### TASK GOAL
Copy the lines exactly. Begin at the first line of the data and stop after the line with "IsWaiting-none e t quiet h = tt".

START DATASET ENTRIES

-- ===== src/Voice/Safety.antt =====
-- Every run of `InteractionCore` (python/tom/voice/interaction_core.py) keeps the microphone open, the
-- turn current and the pipeline live.
use tom.Prelude.{
  either, ℕ, ◌≡◌, refl, sym, subst, ◌∙◌, inl, inr, Bool, true, false, not, ◌&&◌, ◌||◌, Option, none,
  some, List, [], ◌∷◌, arith,
}
use tom.Voice.Pipeline.{listening}
use tom.Voice.Core.{
  Audio, Turn, After, returns, listens, begins, Phase, quiet, flushing, reaping, InteractionCore,
  transition, keep_cancelled, handle_barge_in, finish_stop,
}
use tom.Voice.Turns.{
  drop_turn, is_finished, start_turn, notify_speaking, end_turn, is_interrupted, on_turn_done,
  on_stale_turn_done, drop_turn, go_on,
}
use tom.Voice.Runs.{
  Event, speech_starts, turn_begins, speaks, completes, ends, done, stale_done, flushed, reaped,
  mic_ungates, stops, shutdown_flushed, shutdown_reaped, new, has_running, on_speech_start,
  begin_turn, apply, run, complete_response, is_empty, with_turn, flush, reap,
}
use tom.Voice.Stopped.{
  apply-IsStopped, stop-IsStopped, shutdown_flush-IsStopped, shutdown_reap-IsStopped,
}
use tom.Voice.Invariant.{
  IsWaiting, IsLive, IsSettled, owns, invalidate-IsLive, notify_speaking-IsLive,
  complete_response-IsLive, end_turn-IsLive, return_to_listening-IsLive, start_turn-IsHeard,
  start_turn-phase, finish_barge_in-listening,
}

with_turn-IsLive :
    (o : Option Turn) (f : Turn → InteractionCore → InteractionCore) (c : InteractionCore)
    → ((t : Turn) → o ≡ some t → t.is_finished ≡ false → IsLive (f t c))
    → IsLive c
    → IsLive (with_turn o f c)
with_turn-IsLive none f c h i = i
with_turn-IsLive (some t) f c h i =
    either IsLive (t.is_finished || c.has_stale_callback) c (f t c) (λ _. i)
      (λ e. h t refl (ground (arith, e)))

IsWaiting-none : (e : ℕ) (t : Option Turn) (p : Phase) → IsWaiting e t p → IsWaiting e none p
IsWaiting-none e t quiet h = tt
IsWaiting-none e t (flushing n a) (h, s) = (h, refl)
IsWaiting-none e t (reaping n a) (h, s) = (h, refl)

on_turn_done-IsLive :
    (c : InteractionCore) → is_finished c.active_turn ≡ true → IsLive c → IsLive (on_turn_done c)
unfolding on_turn_done
on_turn_done-IsLive c f h =
    return_to_listening-IsLive (record c { active_turn = none })
      (IsWaiting-none c.epoch c.active_turn c.phase h.0) (ground arith)

on_stale_turn_done-IsLive : (c : InteractionCore) → IsLive c → IsLive (on_stale_turn_done c)
unfolding on_stale_turn_done
on_stale_turn_done-IsLive c h =
    return_to_listening-IsLive (record c { has_stale_callback = false }) h.0 (ground arith)

flush-IsLive :
    (b : Bool) (c : InteractionCore) (p : Phase) → p ≡ c.phase → IsLive c → IsLive (flush b p c)
unfolding finish_stop
flush-IsLive b c quiet e h = h
flush-IsLive b c (reaping n a) e h = h
flush-IsLive b c (flushing n a) e h =
    (subst (λ q. IsWaiting c.epoch c.active_turn q) (sym e) h.0, inl (ground arith))

start_turn-IsLive :
    (window now : ℕ) (audio : Audio) (c : InteractionCore)
    → c.phase ≡ quiet
    → c.is_gated ≡ false
    → IsLive (start_turn window now audio c)
start_turn-IsLive window now audio c p g = (
  subst
      (λ q.
        IsWaiting (start_turn window now audio c).epoch (start_turn window now audio c).active_turn
          q)
      (sym (start_turn-phase window now audio c ∙ p)) tt,
  start_turn-IsHeard window now audio c g,
)

listening-IsLive :
    (c : InteractionCore) → c.phase ≡ quiet → IsLive c → IsLive (transition listening c)
unfolding transition
listening-IsLive c p h = ground arith

-- The core after a barge-in that is over.
abbrev released : InteractionCore → InteractionCore
released c = record (drop_turn c) { state = listening; is_gated = false; phase = quiet }

released-IsLive : (c : InteractionCore) → IsLive (released c)
unfolding drop_turn
released-IsLive c = (tt, inr (inl refl, inl refl, refl))

go_on-IsLive :
    (window now e : ℕ) (after : After) (c : InteractionCore)
    → e ≡ c.epoch
    → IsLive (go_on window now e after c)
unfolding go_on
go_on-IsLive window now e returns c h =
    subst IsLive (sym (finish_barge_in-listening e c h)) (released-IsLive c)
go_on-IsLive window now e listens c h =
    subst (λ d. IsLive (transition listening d)) (sym (finish_barge_in-listening e c h))
      (listening-IsLive (released c) refl (released-IsLive c))
go_on-IsLive window now e (begins audio) c h =
    subst (λ d. IsLive (start_turn window now audio d)) (sym (finish_barge_in-listening e c h))
      (start_turn-IsLive window now audio (released c) refl refl)

reap-IsLive :
    (window now : ℕ) (c : InteractionCore) (p : Phase)
    → p ≡ c.phase
    → IsLive c
    → IsLive (reap window now p c)
reap-IsLive window now c quiet e h = h
reap-IsLive window now c (flushing n a) e h = h
reap-IsLive window now c (reaping n a) e h =
    let q : IsWaiting c.epoch c.active_turn (reaping n a) =
      subst (λ q. IsWaiting c.epoch c.active_turn q) (sym e) h.0 in
    either IsLive (has_running c.active_turn) c _ (λ _. h) (λ _. go_on-IsLive window now n a c q.0)

quiet_phase : (c : InteractionCore) → is_interrupted c ≡ false → c.phase ≡ quiet
quiet_phase c e = ground (arith, e)

uninterrupted-owns :
    (c : InteractionCore) → is_interrupted c ≡ false → IsLive c → owns c.epoch c.active_turn ≡ true
uninterrupted-owns c e (w, inl i) = absurd (ground (arith, e, i))
uninterrupted-owns c e (w, inr (b, g, o)) = o

speech-IsLive :
    (window now : ℕ) (c : InteractionCore)
    → is_interrupted c ≡ false
    → IsLive c
    → IsLive (on_speech_start window now c)
unfolding on_speech_start handle_barge_in
speech-IsLive window now c e h =
    either IsLive (has_running c.active_turn) _ _
      (λ _. invalidate-IsLive listens (keep_cancelled window now c) (uninterrupted-owns c e h))
      (λ _. listening-IsLive c (quiet_phase c e) h)

turn-IsLive :
    (window now : ℕ) (audio : Audio) (c : InteractionCore)
    → is_interrupted c ≡ false
    → IsLive c
    → IsLive (begin_turn window now audio c)
unfolding begin_turn handle_barge_in
turn-IsLive window now audio c e h =
    either IsLive (c.is_stopped || is_empty audio) c _ (λ _. h)
      (λ _.
        either IsLive (has_running c.active_turn) _ _
          (λ _.
            invalidate-IsLive (begins audio) (keep_cancelled window now c)
              (uninterrupted-owns c e h))
          (λ r. start_turn-IsLive window now audio c (quiet_phase c e) (ground (arith, r, e))))

apply-IsSettled :
    (window : ℕ) (e : Event) (c : InteractionCore) → IsSettled c → IsSettled (apply window e c)
unfolding apply
apply-IsSettled window e c (inl s) = inl (apply-IsStopped window e c s)
apply-IsSettled window (speech_starts now) c (inr h) =
    inr (either IsLive (is_interrupted c) c _ (λ _. h) (λ e. speech-IsLive window now c e h))
apply-IsSettled window (turn_begins now audio) c (inr h) =
    inr (either IsLive (is_interrupted c) c _ (λ _. h) (λ e. turn-IsLive window now audio c e h))
apply-IsSettled window speaks c (inr h) =
    inr (
      with_turn-IsLive c.active_turn notify_speaking c (λ t e f. notify_speaking-IsLive t c e f h)
        h)
apply-IsSettled window completes c (inr h) = inr (
    with_turn-IsLive c.active_turn complete_response c (λ t e f. complete_response-IsLive t c e h)
      h)
apply-IsSettled window ends c (inr h) =
    inr (with_turn-IsLive c.active_turn end_turn c (λ t e f. end_turn-IsLive t c e h) h)
apply-IsSettled window done c (inr h) = inr (
    either IsLive (is_finished c.active_turn && not c.has_stale_callback) _ c
      (λ e. on_turn_done-IsLive c (ground (arith, e)) h) (λ _. h))
apply-IsSettled window stale_done c (inr h) =
    inr (either IsLive c.has_stale_callback _ c (λ _. on_stale_turn_done-IsLive c h) (λ _. h))
apply-IsSettled window (flushed succeeded) c (inr h) = inr (flush-IsLive succeeded c c.phase refl h)
apply-IsSettled window (reaped now) c (inr h) = inr (reap-IsLive window now c c.phase refl h)
apply-IsSettled window mic_ungates c (inr h) =
    inr ((h.0, elim (h.1) [ inl i ↦ inl i | inr (a, g, o) ↦ inr (a, inl refl, o) ]))
apply-IsSettled window stops c (inr h) = inl (stop-IsStopped c)
apply-IsSettled window (shutdown_flushed ok) c (inr h) =
    either IsSettled c.is_stopped _ c (λ s. inl (shutdown_flush-IsStopped ok c c.shutdown s))
      (λ _. inr h)
apply-IsSettled window shutdown_reaped c (inr h) =
    either IsSettled c.is_stopped _ c (λ s. inl (shutdown_reap-IsStopped c c.shutdown s))
      (λ _. inr h)

run-IsSettled_from :
    (window : ℕ) (es : List Event) (c : InteractionCore) → IsSettled c → IsSettled (run window es c)
unfolding run
run-IsSettled_from window [] c h = h
run-IsSettled_from window (e ∷ es) c h =
    run-IsSettled_from window es (apply window e c) (apply-IsSettled window e c h)

-- After any run of a new core, in whatever order turns speak, complete, end and are reaped, the
-- engine answers, the microphone opens, speech starts and turns begin while no barge-in waits, and
-- the core stops, also while one waits: unless the core was stopped, a barge-in that waits has the
-- newest epoch, and the turn that it waits for has an older one and is cancelled; and if none waits,
-- the pipeline is PROCESSING or SPEAKING only with an active turn, the microphone is gated only
-- while the active turn speaks in the newest epoch, and the active turn has the newest epoch and is
-- not cancelled.
pub run-IsSettled : (window : ℕ) (es : List Event) → IsSettled (run window es new)
run-IsSettled window es =
    run-IsSettled_from window es new (inr (tt, inr (inl refl, inl refl, refl)))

END DATASET ENTRIES

### EXERCISE SOLUTION
-- ===== src/Voice/Safety.antt =====
-- Every run of `InteractionCore` (python/tom/voice/interaction_core.py) keeps the microphone open, the
-- turn current and the pipeline live.
use tom.Prelude.{
  either, ℕ, ◌≡◌, refl, sym, subst, ◌∙◌, inl, inr, Bool, true, false, not, ◌&&◌, ◌||◌, Option, none,
  some, List, [], ◌∷◌, arith,
}
use tom.Voice.Pipeline.{listening}
use tom.Voice.Core.{
  Audio, Turn, After, returns, listens, begins, Phase, quiet, flushing, reaping, InteractionCore,
  transition, keep_cancelled, handle_barge_in, finish_stop,
}
use tom.Voice.Turns.{
  drop_turn, is_finished, start_turn, notify_speaking, end_turn, is_interrupted, on_turn_done,
  on_stale_turn_done, drop_turn, go_on,
}
use tom.Voice.Runs.{
  Event, speech_starts, turn_begins, speaks, completes, ends, done, stale_done, flushed, reaped,
  mic_ungates, stops, shutdown_flushed, shutdown_reaped, new, has_running, on_speech_start,
  begin_turn, apply, run, complete_response, is_empty, with_turn, flush, reap,
}
use tom.Voice.Stopped.{
  apply-IsStopped, stop-IsStopped, shutdown_flush-IsStopped, shutdown_reap-IsStopped,
}
use tom.Voice.Invariant.{
  IsWaiting, IsLive, IsSettled, owns, invalidate-IsLive, notify_speaking-IsLive,
  complete_response-IsLive, end_turn-IsLive, return_to_listening-IsLive, start_turn-IsHeard,
  start_turn-phase, finish_barge_in-listening,
}

with_turn-IsLive :
    (o : Option Turn) (f : Turn → InteractionCore → InteractionCore) (c : InteractionCore)
    → ((t : Turn) → o ≡ some t → t.is_finished ≡ false → IsLive (f t c))
    → IsLive c
    → IsLive (with_turn o f c)
with_turn-IsLive none f c h i = i
with_turn-IsLive (some t) f c h i =
    either IsLive (t.is_finished || c.has_stale_callback) c (f t c) (λ _. i)
      (λ e. h t refl (ground (arith, e)))

IsWaiting-none : (e : ℕ) (t : Option Turn) (p : Phase) → IsWaiting e t p → IsWaiting e none p
IsWaiting-none e t quiet h = tt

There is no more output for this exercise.